[Source data Boundary: Start]

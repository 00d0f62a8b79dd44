-- ===== src/Database/Listing/Listed.antt =====
-- What a listing of orders shows, told by the orders in the tables.
use langgraph_temporal_agent.Prelude.{
  ◌≡◌, refl, inl, true, arith, none, some, inr, Option, List, Memᴰ, ℕ, All, Bool-cases, find?,
  length, ◌≤◌, and_true, Option-cases, All-map_of, ◌⊎◌, All-Memᴰ, All-take, All-in,
}
use langgraph_temporal_agent.Database.Schema.{Database, OrderStatus, Product, Order}
use langgraph_temporal_agent.Database.Listing.{
  join_products, OrderRow, where_clauses, order_row, status_eq, order_by_id, list_order_rows,
}
use langgraph_temporal_agent.Text.{Text, text_eq}
use langgraph_temporal_agent.Database.Sql.{select_product, is_product}
use langgraph_temporal_agent.Database.Listing.Laws.{
  IsAscending, matching, All-order_by_id, IsAscending-order_by_id, list_order_rows_lem,
}
use langgraph_temporal_agent.Text.Equality.{text_eq_iff}
use langgraph_temporal_agent.Database.Listing.Rows.{
  join_products-rows, All-kept, take-cut, Memᴰ-order_by_id, Memᴰ-filter, Memᴰ-join_products,
}

-- A value that the caller has asked for, or no value was given.
abbrev pub IsAskedFor : {A : Type 0} → Option A → A → Type 0
IsAskedFor none x = Unit
IsAskedFor (some a) x = x ≡ a

abbrev pub IsMatch : Option OrderStatus → Option Text → Order → Type 0
IsMatch status customer_id o = IsAskedFor status o.status × IsAskedFor customer_id o.customer_id

-- A row shows an order with its product, both from the tables.
abbrev pub IsRowOf : Database → Option OrderStatus → Option Text → OrderRow → Type 0
IsRowOf db status customer_id r =
    (o : Order) × (p : Product) × Memᴰ o db.orders
    × (select_product o.product_sku db ≡ some p)
    × (r ≡ order_row o p)
    × IsMatch status customer_id o

-- Where an order stands in a listing: it has no product, it does not match, it is listed, or the
-- listing is full of orders with ids that are no greater.
pub data Stands (db : Database) (status : Option OrderStatus) (customer_id : Option Text)
    (limit : ℕ) (rows : List OrderRow) (o : Order) : Type 0 where
  unstocked : select_product o.product_sku db ≡ none → Stands db status customer_id limit rows o
  unmatched : ¬ IsMatch status customer_id o → Stands db status customer_id limit rows o
  listed :
      (p : Product)
      → select_product o.product_sku db ≡ some p
      → Memᴰ (order_row o p) rows
      → Stands db status customer_id limit rows o
  cut :
      length rows ≡ limit → All (λ r. r.id ≤ o.id) rows → Stands db status customer_id limit rows o

pub record IsListing (db : Database) (status : Option OrderStatus) (customer_id : Option Text)
    (limit : ℕ) (rows : List OrderRow) : Type 0 where
  pub shown : All (IsRowOf db status customer_id) rows
  pub ascending : IsAscending rows
  pub few : length rows ≤ limit
  pub all_stand : All (Stands db status customer_id limit rows) db.orders

matched :
    (status : Option OrderStatus) (customer_id : Option Text) (o : Order) (p : Product)
    → where_clauses status customer_id (order_row o p) ≡ true
    → IsMatch status customer_id o
matched none none o p h = (tt, tt)
matched none (some c) o p h = (tt, (text_eq_iff o.customer_id c).0 h)
matched (some s) none o p h = (ground (arith, h), tt)
matched (some s) (some c) o p h = (
  ground (arith, h),
  (text_eq_iff o.customer_id c).0 (and_true (status_eq o.status s) (text_eq o.customer_id c) h).1,
)

matches :
    (status : Option OrderStatus) (customer_id : Option Text) (o : Order) (p : Product)
    → IsMatch status customer_id o
    → where_clauses status customer_id (order_row o p) ≡ true
matches none none o p h = refl
matches none (some c) o p h = (text_eq_iff o.customer_id c).1 h.1
matches (some s) none o p h = ground (arith, h)
matches (some s) (some c) o p h = ground (arith, h.0, (text_eq_iff o.customer_id c).1 h.1)

-- A listing shows orders of the tables with their products, each matching the status and the customer
-- that were given, in order of their ids and no more than the limit; and every matching order that has
-- a product is shown, or the listing is full and has no greater id than this order's.
pub list_order_rows-IsListing :
    (status : Option OrderStatus) (limit : ℕ) (customer_id : Option Text) (db : Database)
    → IsListing db status customer_id limit (list_order_rows status limit customer_id db)
unfolding list_order_rows
list_order_rows-IsListing status limit customer_id db =
    let listing = list_order_rows_lem status limit customer_id db in
    record {
      shown = shown_rows;
      ascending = listing.1;
      few = listing.2;
      all_stand = All-map_of db.orders stands (All-in db.orders);
    }
  where
    row :
        (r : OrderRow)
        → Memᴰ r (join_products db.products db.orders)
        → where_clauses status customer_id r ≡ true
        → IsRowOf db status customer_id r
    row r m good =
        let (o, p, there, found, same) =
          All-Memᴰ
            (λ r.
              (o : Order) × (p : Product) × Memᴰ o db.orders
              × (find? (is_product o.product_sku) db.products ≡ some p)
              × (r ≡ order_row o p))
            (join_products db.products db.orders) (join_products-rows db.products db.orders) m in
        (o, p, there, found, same, matched status customer_id o p (rw same at good))

    placed :
        (o : Order) (p : Product)
        → select_product o.product_sku db ≡ some p
        → Memᴰ (order_row o p) (list_order_rows status limit customer_id db)
          ⊎ ((length (list_order_rows status limit customer_id db) ≡ limit)
              × All (λ s. s.id ≤ o.id) (list_order_rows status limit customer_id db))
        → Stands db status customer_id limit (list_order_rows status limit customer_id db) o
    placed o p found (inl there) = listed p found there
    placed o p found (inr (full, below)) = cut full below

    shown_rows : All (IsRowOf db status customer_id) (list_order_rows status limit customer_id db)
    shown_rows =
        All-take (IsRowOf db status customer_id) limit
          (order_by_id (matching status customer_id db))
          (All-order_by_id (IsRowOf db status customer_id) (matching status customer_id db) (
            All-kept (IsRowOf db status customer_id) (where_clauses status customer_id)
              (join_products db.products db.orders) row))

    stands :
        (o : Order)
        → Memᴰ o db.orders
        → Stands db status customer_id limit (list_order_rows status limit customer_id db) o
    stands o m = elim (Option-cases (select_product o.product_sku db)) [
      | inl absent ↦ unstocked absent
      | inr (p, found) ↦ elim (Bool-cases (where_clauses status customer_id (order_row o p))) [
        | inr other ↦ unmatched (λ h. cc (other, matches status customer_id o p h))
        | inl good ↦ placed o p found (
            take-cut limit (order_by_id (matching status customer_id db)) (order_row o p)
              (IsAscending-order_by_id (matching status customer_id db))
              (Memᴰ-order_by_id (order_row o p) (matching status customer_id db) (
                Memᴰ-filter (where_clauses status customer_id) (join_products db.products db.orders)
                  (order_row o p) (Memᴰ-join_products db.products db.orders o p m found) good)))
      ]
    ]
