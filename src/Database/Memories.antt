-- ===== src/Database/Memories.antt =====
-- The preferences that app/database.py keeps: `save_user_memory`, `get_user_memories` and
-- `delete_user_memory`. No constraint but UNIQUE (user_id, memory_key) can be hit, and the upsert
-- handles that one, so these functions do not raise.
pub mod Laws
use langgraph_temporal_agent.Prelude.{
  [], none, some, ◌∷◌, ℕ, Option, Bool, List, find?, ltb, ◌&&◌, update, if◌then◌else◌, map, count,
  filter, not,
}
use langgraph_temporal_agent.Text.{Text, text_eq}
use langgraph_temporal_agent.Database.Schema.{UserMemory, Database}

abbrev pub is_memory : Text → Text → UserMemory → Bool
is_memory user_id memory_key m = text_eq m.user_id user_id && text_eq m.memory_key memory_key

abbrev pub new_memory : ℕ → Text → Text → Text → UserMemory
new_memory now user_id memory_key memory_value = record {
  user_id = user_id;
  memory_key = memory_key;
  memory_value = memory_value;
  created_at = now;
  updated_at = now;
}

-- `SET memory_value = EXCLUDED.memory_value, updated_at = CURRENT_TIMESTAMP`
abbrev pub overwritten : ℕ → Text → UserMemory → UserMemory
overwritten now value m = record m { memory_value = value; updated_at = now }

-- `INSERT … ON CONFLICT (user_id, memory_key) DO UPDATE …`
abbrev pub upsert_memory :
    ℕ → Text → Text → Text → Option UserMemory → List UserMemory → List UserMemory
upsert_memory now user_id key value none ms = new_memory now user_id key value ∷ ms
upsert_memory now user_id key value (some _) ms =
    update (is_memory user_id key) (overwritten now value) ms

-- RETURNING gives the inserted row, or the row after the update.
abbrev pub upserted : ℕ → Text → Text → Text → Option UserMemory → UserMemory
upserted now user_id key value none = new_memory now user_id key value
upserted now user_id key value (some m) = overwritten now value m

abbrev pub select_memory : Text → Text → Database → Option UserMemory
select_memory user_id key db = find? (is_memory user_id key) db.user_memories

unfoldable pub save_user_memory : ℕ → Text → Text → Text → Database → UserMemory × Database
save_user_memory now user_id memory_key memory_value db =
    let old = select_memory user_id memory_key db in
    (
      upserted now user_id memory_key memory_value old,
      record db {
        user_memories = upsert_memory now user_id memory_key memory_value old db.user_memories;
      },
    )

-- `precedes` is the order that the database's collation gives to texts.
module _ (precedes : Text → Text → Bool) where
  insert_by_key : UserMemory → List UserMemory → List UserMemory
  insert_by_key m [] = m ∷ []
  insert_by_key m (x ∷ xs) =
      if precedes m.memory_key x.memory_key then m ∷ x ∷ xs else x ∷ insert_by_key m xs

  -- `ORDER BY memory_key`
  unfoldable pub order_by_key : List UserMemory → List UserMemory
  unfolding insert_by_key
  order_by_key [] = []
  order_by_key (m ∷ ms) = insert_by_key m (order_by_key ms)

  unfoldable pub get_user_memories : Text → Database → List (Text × Text)
  unfolding order_by_key
  get_user_memories user_id db =
      map (λ m. (m.memory_key, m.memory_value))
        (order_by_key (filter (λ m. text_eq m.user_id user_id) db.user_memories))

-- Whether a row was deleted, and the tables after it.
unfoldable pub delete_user_memory : Text → Text → Database → Bool × Database
delete_user_memory user_id memory_key db = (
  ltb 0 (count (is_memory user_id memory_key) db.user_memories),
  record db { user_memories = filter (λ m. not (is_memory user_id memory_key m)) db.user_memories },
)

[Source data Boundary: End]

**Task to carry out**
Reproduce the entries above exactly, but only the lines between the line holding "pub data Stands" and the line holding "matches none (some", inclusive.

**Exercise result**
pub data Stands (db : Database) (status : Option OrderStatus) (customer_id : Option Text)
    (limit : ℕ) (rows : List OrderRow) (o : Order) : Type 0 where
  unstocked : select_product o.product_sku db ≡ none → Stands db status customer_id limit rows o
  unmatched : ¬ IsMatch status customer_id o → Stands db status customer_id limit rows o
  listed :
      (p : Product)
      → select_product o.product_sku db ≡ some p
      → Memᴰ (order_row o p) rows
      → Stands db status customer_id limit rows o
  cut :
      length rows ≡ limit → All (λ r. r.id ≤ o.id) rows → Stands db status customer_id limit rows o

pub record IsListing (db : Database) (status : Option OrderStatus) (customer_id : Option Text)
    (limit : ℕ) (rows : List OrderRow) : Type 0 where
  pub shown : All (IsRowOf db status customer_id) rows
  pub ascending : IsAscending rows
  pub few : length rows ≤ limit
  pub all_stand : All (Stands db status customer_id limit rows) db.orders

matched :
    (status : Option OrderStatus) (customer_id : Option Text) (o : Order) (p : Product)
    → where_clauses status customer_id (order_row o p) ≡ true
    → IsMatch status customer_id o
matched none none o p h = (tt, tt)
matched none (some c) o p h = (tt, (text_eq_iff o.customer_id c).0 h)
matched (some s) none o p h = (ground (arith, h), tt)
matched (some s) (some c) o p h = (
  ground (arith, h),
  (text_eq_iff o.customer_id c).0 (and_true (status_eq o.status s) (text_eq o.customer_id c) h).1,
)

matches :
    (status : Option OrderStatus) (customer_id : Option Text) (o : Order) (p : Product)
    → IsMatch status customer_id o
    → where_clauses status customer_id (order_row o p) ≡ true
matches none none o p h = refl
matches none (some c) o p h = (text_eq_iff o.customer_id c).1 h.1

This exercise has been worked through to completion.